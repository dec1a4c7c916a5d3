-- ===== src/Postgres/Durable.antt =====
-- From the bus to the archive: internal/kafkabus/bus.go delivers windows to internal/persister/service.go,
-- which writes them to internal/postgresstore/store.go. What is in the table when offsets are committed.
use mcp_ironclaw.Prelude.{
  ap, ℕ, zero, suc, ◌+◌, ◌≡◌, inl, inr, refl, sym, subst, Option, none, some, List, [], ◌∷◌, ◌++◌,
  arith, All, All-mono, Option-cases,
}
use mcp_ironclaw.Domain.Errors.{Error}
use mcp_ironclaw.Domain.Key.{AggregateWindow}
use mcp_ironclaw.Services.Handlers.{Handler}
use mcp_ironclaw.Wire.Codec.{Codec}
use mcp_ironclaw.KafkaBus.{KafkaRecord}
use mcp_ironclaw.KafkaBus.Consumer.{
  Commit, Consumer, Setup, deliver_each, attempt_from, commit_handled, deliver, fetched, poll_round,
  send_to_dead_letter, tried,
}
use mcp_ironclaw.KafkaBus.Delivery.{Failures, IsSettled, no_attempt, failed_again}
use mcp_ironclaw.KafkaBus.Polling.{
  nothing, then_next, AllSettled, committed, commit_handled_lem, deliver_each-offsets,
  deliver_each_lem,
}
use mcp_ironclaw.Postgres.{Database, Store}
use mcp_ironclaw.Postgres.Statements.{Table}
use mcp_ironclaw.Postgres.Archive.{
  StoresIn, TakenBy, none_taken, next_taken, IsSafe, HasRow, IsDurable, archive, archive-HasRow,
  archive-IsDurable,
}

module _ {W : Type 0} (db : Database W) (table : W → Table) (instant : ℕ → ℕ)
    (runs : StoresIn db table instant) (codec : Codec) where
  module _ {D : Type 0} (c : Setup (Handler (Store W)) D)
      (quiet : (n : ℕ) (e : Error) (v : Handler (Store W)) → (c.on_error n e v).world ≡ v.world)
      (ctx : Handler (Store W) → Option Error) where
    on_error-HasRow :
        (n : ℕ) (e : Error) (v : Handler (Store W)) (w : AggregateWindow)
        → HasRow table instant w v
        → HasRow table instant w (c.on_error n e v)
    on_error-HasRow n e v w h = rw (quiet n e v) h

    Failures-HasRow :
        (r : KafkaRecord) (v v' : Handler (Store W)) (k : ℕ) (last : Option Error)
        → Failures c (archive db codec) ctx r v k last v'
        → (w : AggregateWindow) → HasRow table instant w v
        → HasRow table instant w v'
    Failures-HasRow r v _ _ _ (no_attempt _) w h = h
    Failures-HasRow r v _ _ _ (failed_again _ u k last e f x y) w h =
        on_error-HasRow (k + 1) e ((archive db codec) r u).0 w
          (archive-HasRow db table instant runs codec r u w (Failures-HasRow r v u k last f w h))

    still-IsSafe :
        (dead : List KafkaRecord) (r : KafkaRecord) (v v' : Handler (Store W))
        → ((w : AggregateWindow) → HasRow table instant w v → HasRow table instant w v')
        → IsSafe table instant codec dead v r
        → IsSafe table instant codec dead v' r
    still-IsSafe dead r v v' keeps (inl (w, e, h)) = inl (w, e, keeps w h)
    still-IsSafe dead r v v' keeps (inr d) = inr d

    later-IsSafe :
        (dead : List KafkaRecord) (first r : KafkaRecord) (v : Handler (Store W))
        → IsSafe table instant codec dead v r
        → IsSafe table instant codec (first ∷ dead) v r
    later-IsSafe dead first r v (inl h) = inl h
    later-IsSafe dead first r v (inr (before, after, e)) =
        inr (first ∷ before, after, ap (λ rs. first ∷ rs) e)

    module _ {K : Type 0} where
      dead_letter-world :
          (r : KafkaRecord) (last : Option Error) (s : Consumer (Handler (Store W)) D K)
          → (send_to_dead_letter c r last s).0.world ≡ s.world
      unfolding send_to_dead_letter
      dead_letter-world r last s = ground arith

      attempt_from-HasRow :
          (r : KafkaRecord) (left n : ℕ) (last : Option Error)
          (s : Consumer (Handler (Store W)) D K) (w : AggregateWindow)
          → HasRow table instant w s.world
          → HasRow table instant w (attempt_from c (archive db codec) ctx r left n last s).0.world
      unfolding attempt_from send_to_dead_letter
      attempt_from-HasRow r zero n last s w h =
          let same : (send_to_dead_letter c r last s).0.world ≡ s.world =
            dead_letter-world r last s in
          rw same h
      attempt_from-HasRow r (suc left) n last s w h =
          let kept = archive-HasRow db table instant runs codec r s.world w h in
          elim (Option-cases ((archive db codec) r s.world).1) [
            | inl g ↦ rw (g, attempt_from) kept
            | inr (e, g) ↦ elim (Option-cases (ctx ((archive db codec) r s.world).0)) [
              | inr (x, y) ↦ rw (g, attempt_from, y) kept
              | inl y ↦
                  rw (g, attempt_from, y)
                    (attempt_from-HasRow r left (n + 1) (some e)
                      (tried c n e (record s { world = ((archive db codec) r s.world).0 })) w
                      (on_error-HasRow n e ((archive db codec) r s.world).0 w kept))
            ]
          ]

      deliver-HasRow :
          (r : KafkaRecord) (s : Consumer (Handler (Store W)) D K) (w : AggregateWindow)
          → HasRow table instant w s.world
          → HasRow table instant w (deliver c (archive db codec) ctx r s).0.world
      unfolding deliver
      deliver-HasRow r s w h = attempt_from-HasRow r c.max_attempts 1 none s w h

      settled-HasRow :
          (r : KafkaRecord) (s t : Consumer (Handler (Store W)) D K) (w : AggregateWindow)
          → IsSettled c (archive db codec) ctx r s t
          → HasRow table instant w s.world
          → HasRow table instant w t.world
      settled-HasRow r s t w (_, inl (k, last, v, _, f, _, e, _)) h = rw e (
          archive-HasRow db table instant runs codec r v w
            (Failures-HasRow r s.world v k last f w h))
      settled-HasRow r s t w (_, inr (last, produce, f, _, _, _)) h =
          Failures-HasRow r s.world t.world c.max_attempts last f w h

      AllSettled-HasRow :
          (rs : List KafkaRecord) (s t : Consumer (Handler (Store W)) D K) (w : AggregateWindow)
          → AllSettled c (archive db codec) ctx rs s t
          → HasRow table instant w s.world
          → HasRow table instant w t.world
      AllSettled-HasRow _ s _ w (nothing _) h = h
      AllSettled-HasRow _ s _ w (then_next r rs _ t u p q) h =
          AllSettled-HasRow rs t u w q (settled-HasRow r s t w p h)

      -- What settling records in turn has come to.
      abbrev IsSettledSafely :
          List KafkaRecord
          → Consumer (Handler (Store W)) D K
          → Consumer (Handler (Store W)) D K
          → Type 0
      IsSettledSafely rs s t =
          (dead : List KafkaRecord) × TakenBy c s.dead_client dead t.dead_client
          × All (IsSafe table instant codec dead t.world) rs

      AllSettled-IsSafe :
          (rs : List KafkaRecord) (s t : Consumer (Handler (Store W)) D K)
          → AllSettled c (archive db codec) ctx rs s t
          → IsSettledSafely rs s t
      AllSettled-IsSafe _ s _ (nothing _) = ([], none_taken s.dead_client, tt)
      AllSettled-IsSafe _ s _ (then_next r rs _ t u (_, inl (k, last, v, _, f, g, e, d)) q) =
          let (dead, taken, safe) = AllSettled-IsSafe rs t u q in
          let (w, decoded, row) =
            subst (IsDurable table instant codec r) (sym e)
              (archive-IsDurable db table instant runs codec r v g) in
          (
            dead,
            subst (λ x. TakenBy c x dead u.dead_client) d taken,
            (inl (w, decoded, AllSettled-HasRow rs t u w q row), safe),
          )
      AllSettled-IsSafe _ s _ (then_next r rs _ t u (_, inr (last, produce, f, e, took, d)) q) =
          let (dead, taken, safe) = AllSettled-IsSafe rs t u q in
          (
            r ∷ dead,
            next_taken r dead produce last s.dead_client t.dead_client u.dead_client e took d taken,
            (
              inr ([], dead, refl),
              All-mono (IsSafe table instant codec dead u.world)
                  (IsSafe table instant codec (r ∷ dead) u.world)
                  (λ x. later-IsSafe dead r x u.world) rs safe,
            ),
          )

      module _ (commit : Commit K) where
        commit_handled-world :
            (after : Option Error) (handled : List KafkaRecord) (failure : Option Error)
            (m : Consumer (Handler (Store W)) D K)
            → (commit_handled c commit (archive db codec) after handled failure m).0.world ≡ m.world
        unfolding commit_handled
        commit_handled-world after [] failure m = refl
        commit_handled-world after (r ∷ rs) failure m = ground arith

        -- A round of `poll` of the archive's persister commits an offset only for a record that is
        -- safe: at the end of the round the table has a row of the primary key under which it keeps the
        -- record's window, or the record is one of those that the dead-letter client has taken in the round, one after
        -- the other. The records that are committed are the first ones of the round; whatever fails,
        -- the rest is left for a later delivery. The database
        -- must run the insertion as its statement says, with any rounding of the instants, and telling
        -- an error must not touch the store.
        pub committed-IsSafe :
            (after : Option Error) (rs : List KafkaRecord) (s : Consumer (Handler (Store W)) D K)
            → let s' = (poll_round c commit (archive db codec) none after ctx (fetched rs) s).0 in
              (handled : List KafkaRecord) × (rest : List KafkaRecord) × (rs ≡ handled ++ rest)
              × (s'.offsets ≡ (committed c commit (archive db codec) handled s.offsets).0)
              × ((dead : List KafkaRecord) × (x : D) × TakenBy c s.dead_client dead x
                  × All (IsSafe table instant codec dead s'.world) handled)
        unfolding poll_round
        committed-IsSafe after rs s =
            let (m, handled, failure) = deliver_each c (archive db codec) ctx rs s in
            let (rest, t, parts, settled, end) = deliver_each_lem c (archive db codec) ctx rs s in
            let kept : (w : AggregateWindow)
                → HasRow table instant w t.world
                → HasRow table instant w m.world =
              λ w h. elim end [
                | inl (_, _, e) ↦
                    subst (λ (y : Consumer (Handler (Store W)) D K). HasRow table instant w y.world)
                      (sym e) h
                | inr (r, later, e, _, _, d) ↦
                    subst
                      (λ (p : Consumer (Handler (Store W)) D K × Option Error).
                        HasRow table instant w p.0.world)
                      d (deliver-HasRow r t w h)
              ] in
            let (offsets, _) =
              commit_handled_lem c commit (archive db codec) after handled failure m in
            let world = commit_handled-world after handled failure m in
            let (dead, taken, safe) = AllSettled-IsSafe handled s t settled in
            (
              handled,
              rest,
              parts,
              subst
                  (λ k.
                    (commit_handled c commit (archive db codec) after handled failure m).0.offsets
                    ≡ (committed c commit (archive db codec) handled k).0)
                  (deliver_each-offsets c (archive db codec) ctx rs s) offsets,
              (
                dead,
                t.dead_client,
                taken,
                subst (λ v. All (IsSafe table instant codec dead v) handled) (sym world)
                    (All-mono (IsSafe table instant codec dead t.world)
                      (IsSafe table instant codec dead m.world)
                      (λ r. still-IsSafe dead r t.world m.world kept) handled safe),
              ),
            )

* * * * *

* Task instructions *
Precisely the lines between those holding "-- A round of" and "-- the rest", inclusive, are to be reproduced from the listing above, with nothing added.

* Task answer *
        -- A round of `poll` of the archive's persister commits an offset only for a record that is
        -- safe: at the end of the round the table has a row of the primary key under which it keeps the
        -- record's window, or the record is one of those that the dead-letter client has taken in the round, one after
        -- the other. The records that are committed are the first ones of the round; whatever fails,
        -- the rest is left for a later delivery. The database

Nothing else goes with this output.